Combinatorics is a fascinating branch of mathematics that focuses on counting, arrangement, and combination of objects. It's incredibly useful when solving problems that involve discrete and finite elements. In the context of the binomial theorem, combinatorics is the key to understanding how different values are selected and combined.
One of the most vital concepts in combinatorics is the binomial coefficient, denoted as \( \binom{n}{r} \). This represents the number of ways to choose \( r \) elements from a set of \( n \) elements, regardless of the order. It's expressed as a fraction:

• \( \binom{n}{r} = \frac{n!}{r!(n-r)!} \), where \(!\) is the factorial function.

This coefficient is crucial in expanding binomial expressions. For instance, if we want to expand \((a + b)^n\), the binomial theorem shows us that it can be represented as a sum of terms, each including a binomial coefficient. Combinatorics helps us understand how these coefficients arise and how they contribute to the formula, making it possible to solve seemingly complex problems with relatively simple mathematical expressions.

Mathematical proofs are the backbone of ensuring statements in mathematics are true. Proofs bring rigor and logic, providing a solid foundation for understanding complex concepts. Here, we focus on proving identities using the binomial theorem.
In the provided exercise, mathematical proof is used to validate the equation:

• \( \sum_{r=0}^{n} 2^{r} \binom{n}{r} = 3^{n} \)

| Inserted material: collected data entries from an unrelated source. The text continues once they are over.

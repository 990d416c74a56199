-- ===== src/Send/Response.antt =====
-- What `sendByApiContract` makes of the response of the client.
use Prim.Native.String
use shared_ts_libs.Base.{
  ℕ, Bool, not, ◌&&◌, ◌||◌, ltb, List, [], ◌∷◌, Option, none, some, String, Text, Dict, codes,
  lookup, insert, if◌then◌else◌,
}
use shared_ts_libs.Retry.Config.{Header, absent, single, several}
use shared_ts_libs.Retry.Loop.{Response}
use shared_ts_libs.Contract.{
  ResponsesByStatusCode, ResponseKind, no_content, blob, json, sse, resolve_response_entry,
}
use shared_ts_libs.Send.Request.{
  Method, unreadable_body, invalid_body, invalid_headers, Sent, resolves, rejects, and_then,
}

-- `value.join(', ')`
join_values : List String → String
join_values [] = ""
join_values (s ∷ []) = s
join_values (s ∷ t ∷ rest) = String.◌++◌ s (String.◌++◌ ", " (join_values (t ∷ rest)))

unfoldable pub normalize_response_headers : Dict Header → Dict String → Dict String
unfolding join_values
normalize_response_headers [] result = result
normalize_response_headers ((key, absent) ∷ raw) result = normalize_response_headers raw result
normalize_response_headers ((key, single value) ∷ raw) result =
    normalize_response_headers raw (insert key value result)
normalize_response_headers ((key, several values) ∷ raw) result =
    normalize_response_headers raw (insert key (join_values values) result)

abbrev pub content_type_of : Dict String → Option Text
content_type_of headers = elim (lookup "content-type" headers) [
  | none ↦ none
  | some t ↦ some (codes t)
]

-- Not `statusCode < 200 || statusCode > 299`.
abbrev pub is_success : ℕ → Bool
is_success status = not (ltb status 200 || ltb 299 status)

-- Values of the runtime, JSON.parse, and the schemas of the contract.
pub record Schemas : Type 1 where
  pub Json : Type 0
  pub Schema : Type 0
  pub of_text : String → Json
  pub parse_json : String → Option Json
  pub parse : Schema → Json → Option Json

module _ (lib : Schemas) where
  open lib use {Json, Schema, of_text, parse_json, parse}

  pub record ApiContract : Type 0 where
    pub method : Method
    pub responses : ResponsesByStatusCode Schema
    -- the schema of the response's headers, as the function that parses them
    pub header_schema : Option (Dict String → Option (Dict Json))
    pub summary : String

  -- A stream and a blob are read by the caller.
  pub data ParsedBody : Type 0 where
    null : ParsedBody
    parsed : Json → ParsedBody
    handle : ParsedBody
    events : Dict Schema → ParsedBody

  pub record ParsedResponse : Type 0 where
    pub status_code : ℕ
    pub headers : Dict Json
    pub body : ParsedBody

  pub record UnexpectedResponseError : Type 0 where
    pub status_code : ℕ
    pub headers : Dict String
    pub body : String
    pub summary : String

  pub data Either : Type 0 where
    unexpected : UnexpectedResponseError → Either
    error : ParsedResponse → Either
    result : ParsedResponse → Either

  parsed_by : Schema → Option Json → Sent ParsedBody
  parsed_by schema none = rejects invalid_body
  parsed_by schema (some j) = elim (parse schema j) [
    | none ↦ rejects invalid_body
    | some v ↦ resolves (parsed v)
  ]

  unfoldable pub parse_body : ResponseKind Schema → Option String → Sent ParsedBody
  unfolding parsed_by
  parse_body blob body = resolves handle
  parse_body (sse schemas) body = resolves (events schemas)
  parse_body no_content none = rejects unreadable_body
  parse_body no_content (some text) = resolves null
  parse_body (json schema) none = rejects unreadable_body
  parse_body (json schema) (some text) = parsed_by schema (parse_json text)

  as_json : Dict String → Dict Json
  as_json [] = []
  as_json ((key, value) ∷ h) = (key, of_text value) ∷ as_json h

  -- `{ ...headers, ...parsed }`
  spread : Dict Json → Dict Json → Dict Json
  spread headers [] = headers
  spread headers ((key, value) ∷ more) = spread (insert key value headers) more

  unfoldable pub parse_headers :
      Option (Dict String → Option (Dict Json)) → Dict String → Sent (Dict Json)
  unfolding as_json spread
  parse_headers none headers = resolves (as_json headers)
  parse_headers (some schema) headers = elim (schema headers) [
    | none ↦ rejects invalid_headers
    | some more ↦ resolves (spread (as_json headers) more)
  ]

  unfoldable pub unexpected_response : ApiContract → ℕ → Dict String → Option String → Sent Either
  unexpected_response contract status headers none = rejects unreadable_body
  unexpected_response contract status headers (some text) = resolves (
      unexpected (record {
        status_code = status;
        headers = headers;
        body = text;
        summary = contract.summary;
      }))

  unfoldable pub to_either : Bool → ParsedResponse → Either
  to_either capture response =
      if capture && not (is_success response.status_code) then error response else result response

  unfoldable pub expected_response :
      ApiContract → Bool → ℕ → Dict String → ResponseKind Schema → Option String → Sent Either
  unfolding parse_body parse_headers to_either
  expected_response contract capture status headers kind text =
      and_then (parse_body kind text) (λ body.
        and_then (parse_headers contract.header_schema headers) (λ h.
          resolves (to_either capture (record { status_code = status; headers = h; body = body }))))

  unfoldable pub read_response : ApiContract → Bool → Bool → Response → Sent Either
  unfolding normalize_response_headers unexpected_response expected_response
  read_response contract strict capture response =
      let headers = normalize_response_headers response.headers [] in
      elim (resolve_response_entry contract.responses response.status_code (content_type_of headers)
        strict) [
          | none ↦ unexpected_response contract response.status_code headers response.body
          | some kind ↦
              expected_response contract capture response.status_code headers kind response.body
        ]
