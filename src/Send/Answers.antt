-- ===== src/Send/Answers.antt =====
-- What the reading of a response comes to.
use shared_ts_libs.Base.{
  Text, ℕ, ◌≤◌, Bool, true, false, not, ◌≡◌, refl, arith, [], Option, none, some, Dict,
  Option-cases, Bool-cases, inl, inr, ◌⊎◌, String, ◌&&◌,
}
use shared_ts_libs.Retry.Loop.{Response}
use shared_ts_libs.Contract.{
  ApiContractResponse, ResponseKind, no_content, blob, json, sse, resolve_response_entry,
}
use shared_ts_libs.Contract.Specific.{IsMostSpecific}
use shared_ts_libs.Contract.Kinds.{IsResolution, resolve_response_entry-IsResolution}
use shared_ts_libs.Send.Request.{
  SendError, and_then, unreadable_body, invalid_body, invalid_headers, Sent, resolves, rejects,
}
use shared_ts_libs.Send.Response.{
  Schemas, ApiContract, ParsedBody, null, parsed, handle, events, ParsedResponse, Either,
  unexpected, error, result, content_type_of, normalize_response_headers, is_success, parse_body,
  parse_headers, expected_response, unexpected_response, to_either, read_response,
}

module _ (lib : Schemas) where
  open lib use {Json, Schema, parse_json, parse}

  -- What the caller is given of a body of the kind. A blob and a stream are not read yet.
  abbrev pub IsBodyOf : ResponseKind Schema → Option String → ParsedBody lib → Type 0
  IsBodyOf no_content body b = b ≡ null
  IsBodyOf blob body b = b ≡ handle
  IsBodyOf (sse schemas) body b = b ≡ events schemas
  IsBodyOf (json schema) body b =
      (text : String) × (j : Json) × (v : Json) × (body ≡ some text)
      × (parse_json text ≡ some j)
      × (parse schema j ≡ some v)
      × (b ≡ parsed v)

  parse_body-IsBodyOf :
      (kind : ResponseKind Schema) (body : Option String) {b : ParsedBody lib}
      → parse_body lib kind body ≡ resolves b
      → IsBodyOf kind body b
  unfolding parse_body
  parse_body-IsBodyOf blob body h = cc
  parse_body-IsBodyOf (sse schemas) body h = cc
  parse_body-IsBodyOf no_content none h = absurd (ground arith)
  parse_body-IsBodyOf no_content (some text) h = cc
  parse_body-IsBodyOf (json schema) none h = absurd (ground arith)
  parse_body-IsBodyOf (json schema) (some text) h = elim (Option-cases (parse_json text)) [
    | inl wrong ↦ absurd (ground (arith, wrong))
    | inr (j, read) ↦ elim (Option-cases (parse schema j)) [
      | inl wrong ↦ absurd (ground (arith, read, wrong))
      | inr (v, accepted) ↦ (text, j, v, refl, read, accepted, ground (arith, read, accepted))
    ]
  ]

  rejected-body :
      (kind : ResponseKind Schema) (body : Option String) {e : SendError}
      → parse_body lib kind body ≡ rejects e
      → ((e ≡ unreadable_body) × (body ≡ none)) ⊎ (e ≡ invalid_body) ⊎ (e ≡ invalid_headers)
  unfolding parse_body
  rejected-body blob body h = absurd (ground arith)
  rejected-body (sse schemas) body h = absurd (ground arith)
  rejected-body no_content none h = inl (cc, refl)
  rejected-body no_content (some text) h = absurd (ground arith)
  rejected-body (json schema) none h = inl (cc, refl)
  rejected-body (json schema) (some text) h = inr (inl (ground arith))

  rejected-headers :
      (schema : Option (Dict String → Option (Dict Json))) (h : Dict String) {e : SendError}
      → parse_headers lib schema h ≡ rejects e
      → e ≡ invalid_headers
  unfolding parse_headers
  rejected-headers none h r = absurd (ground arith)
  rejected-headers (some schema) h r = ground arith

failure-IsFailure :
    (capture : Bool) (s t : ℕ)
    → s ≡ t
    → (capture && not (is_success s)) ≡ true
    → ¬ ((200 ≤ t) × (t ≤ 299))
failure-IsFailure capture s t e h both = ground arith

success-IsSuccess :
    (capture : Bool) (s t : ℕ)
    → s ≡ t
    → capture ≡ true
    → (capture && not (is_success s)) ≡ false
    → (200 ≤ t) × (t ≤ 299)
success-IsSuccess capture s t e c h = ground arith

module _ (lib : Schemas) (contract : ApiContract lib) (strict capture : Bool) (r : Response) where
  open lib use {Schema}

  abbrev pub type_of_response : Option Text
  type_of_response = content_type_of (normalize_response_headers r.headers [])

  -- The response with its body, read as the most specific entry of its status declares.
  abbrev pub IsExpected : ParsedResponse lib → Type 0
  IsExpected p =
      (p.status_code ≡ r.status_code)
      × (kind : ResponseKind Schema) × (d : ApiContractResponse Schema) × IsMostSpecific
          contract.responses r.status_code d
      × IsResolution strict type_of_response d kind
      × IsBodyOf lib kind r.body p.body

  abbrev pub IsSuccess : Type 0
  IsSuccess = (200 ≤ r.status_code) × (r.status_code ≤ 299)

  -- What the caller is given for the response.
  abbrev pub IsAnswer : Sent (Either lib) → Type 0
  IsAnswer (resolves (unexpected u)) =
      (resolve_response_entry contract.responses r.status_code type_of_response strict ≡ none)
      × (u.status_code ≡ r.status_code)
      × (r.body ≡ some u.body)
  IsAnswer (resolves (error p)) = (capture ≡ true) × ¬ IsSuccess × IsExpected p
  IsAnswer (resolves (result p)) = (capture ≡ true → IsSuccess) × IsExpected p
  IsAnswer (rejects e) =
      ((e ≡ unreadable_body) × (r.body ≡ none)) ⊎ (e ≡ invalid_body) ⊎ (e ≡ invalid_headers)

  to_either-IsAnswer :
      (p : ParsedResponse lib) → IsExpected p → IsAnswer (resolves (to_either lib capture p))
  unfolding to_either
  to_either-IsAnswer p x = elim (Bool-cases (capture && not (is_success p.status_code))) [
    | inl failed ↦ rw failed (
      ground (arith, failed),
      failure-IsFailure capture p.status_code r.status_code x.0 failed,
      x,
    )
    | inr fine ↦
        rw fine ((λ c. success-IsSuccess capture p.status_code r.status_code x.0 c fine), x)
  ]

  unexpected-IsAnswer :
      (body : Option String)
      → r.body ≡ body
      → resolve_response_entry contract.responses r.status_code type_of_response strict ≡ none
      → IsAnswer (
          unexpected_response lib contract r.status_code
            (normalize_response_headers r.headers [])
            body)
  unfolding unexpected_response
  unexpected-IsAnswer none e h = inl (refl, e)
  unexpected-IsAnswer (some text) e h = (h, refl, e)

  -- The answer for a body that is parsed so, with headers that are parsed so.
  parsed-IsAnswer :
      (kind : ResponseKind Schema) (body : Sent (ParsedBody lib)) (headers : Sent (Dict lib.Json))
      → resolve_response_entry contract.responses r.status_code type_of_response strict ≡ some kind
      → parse_body lib kind r.body ≡ body
      → parse_headers lib contract.header_schema (normalize_response_headers r.headers []) ≡ headers
      → IsAnswer (
          and_then body (λ b. and_then headers (λ h. resolves (
            to_either lib capture
              (record { status_code = r.status_code; headers = h; body = b })))))
  parsed-IsAnswer kind (rejects e) headers found b h = rejected-body lib kind r.body b
  parsed-IsAnswer kind (resolves x) (rejects e) found b h =
      inr (inr (rejected-headers lib contract.header_schema _ h))
  parsed-IsAnswer kind (resolves x) (resolves y) found b h =
      let (d, specific, resolution) =
        resolve_response_entry-IsResolution contract.responses r.status_code type_of_response strict
          found in
      to_either-IsAnswer _
        (refl, kind, d, specific, resolution, parse_body-IsBodyOf lib kind r.body b)

  pub read_response-IsAnswer : IsAnswer (read_response lib contract strict capture r)
  unfolding read_response expected_response
  read_response-IsAnswer =
      elim (Option-cases
        (resolve_response_entry contract.responses r.status_code type_of_response strict)) [
          | inl missing ↦ rw (missing, read_response) (unexpected-IsAnswer r.body refl missing)
          | inr (kind, found) ↦ rw (found, read_response) (parsed-IsAnswer kind _ _ found refl refl)
        ]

To accomplish this, we first identify the correct values for variables \( a \) and \( b \) in the binomial expression \((a + b)^n\). By choosing \( a = 1 \) and \( b = 2 \), we align our expression with the desired form:

• \((1 + 2)^n = 3^n\)
• Expanded as \((1+2)^n\ =\ \sum_{r=0}^{n} \binom{n}{r} 1^{n-r}2^{r}\)

After simplifying (because 1 raised to any power is always 1), this matches the target equation:

• \( \sum_{r=0}^{n} \binom{n}{r} 2^r\ =\ 3^n\)

Hence, mathematical proof serves to demonstrate the validity of the expression, ensuring the math holds under scrutiny.

Discrete mathematics is the study of structures that are distinct and separate (as opposed to continuous). It covers topics like graphs, integers, and yes, combinatorics. The finite nature of discrete mathematics makes it essential for computer science, algorithms, and encryption.
In this exercise, we're dealing with discrete quantities—integer values and fixed powers. The binomial theorem is a discrete mathematical tool that helps us expand powers of binomials into sums involving discrete amounts. For example:

• The finite series \( \sum_{r=0}^{n} 2^{r}\) involves fixed powers and an integer coefficient \( \binom{n}{r} \).
• The expression \(3^n\) represents a distinct, singular quantity.

Thus, we're working entirely within the realm of discrete numbers. In discrete mathematics, proving identities like the one here illustrates how finite sums and combinatorial coefficients combine to create meaningful relationships and solutions that are key to problem-solving in countless mathematical applications.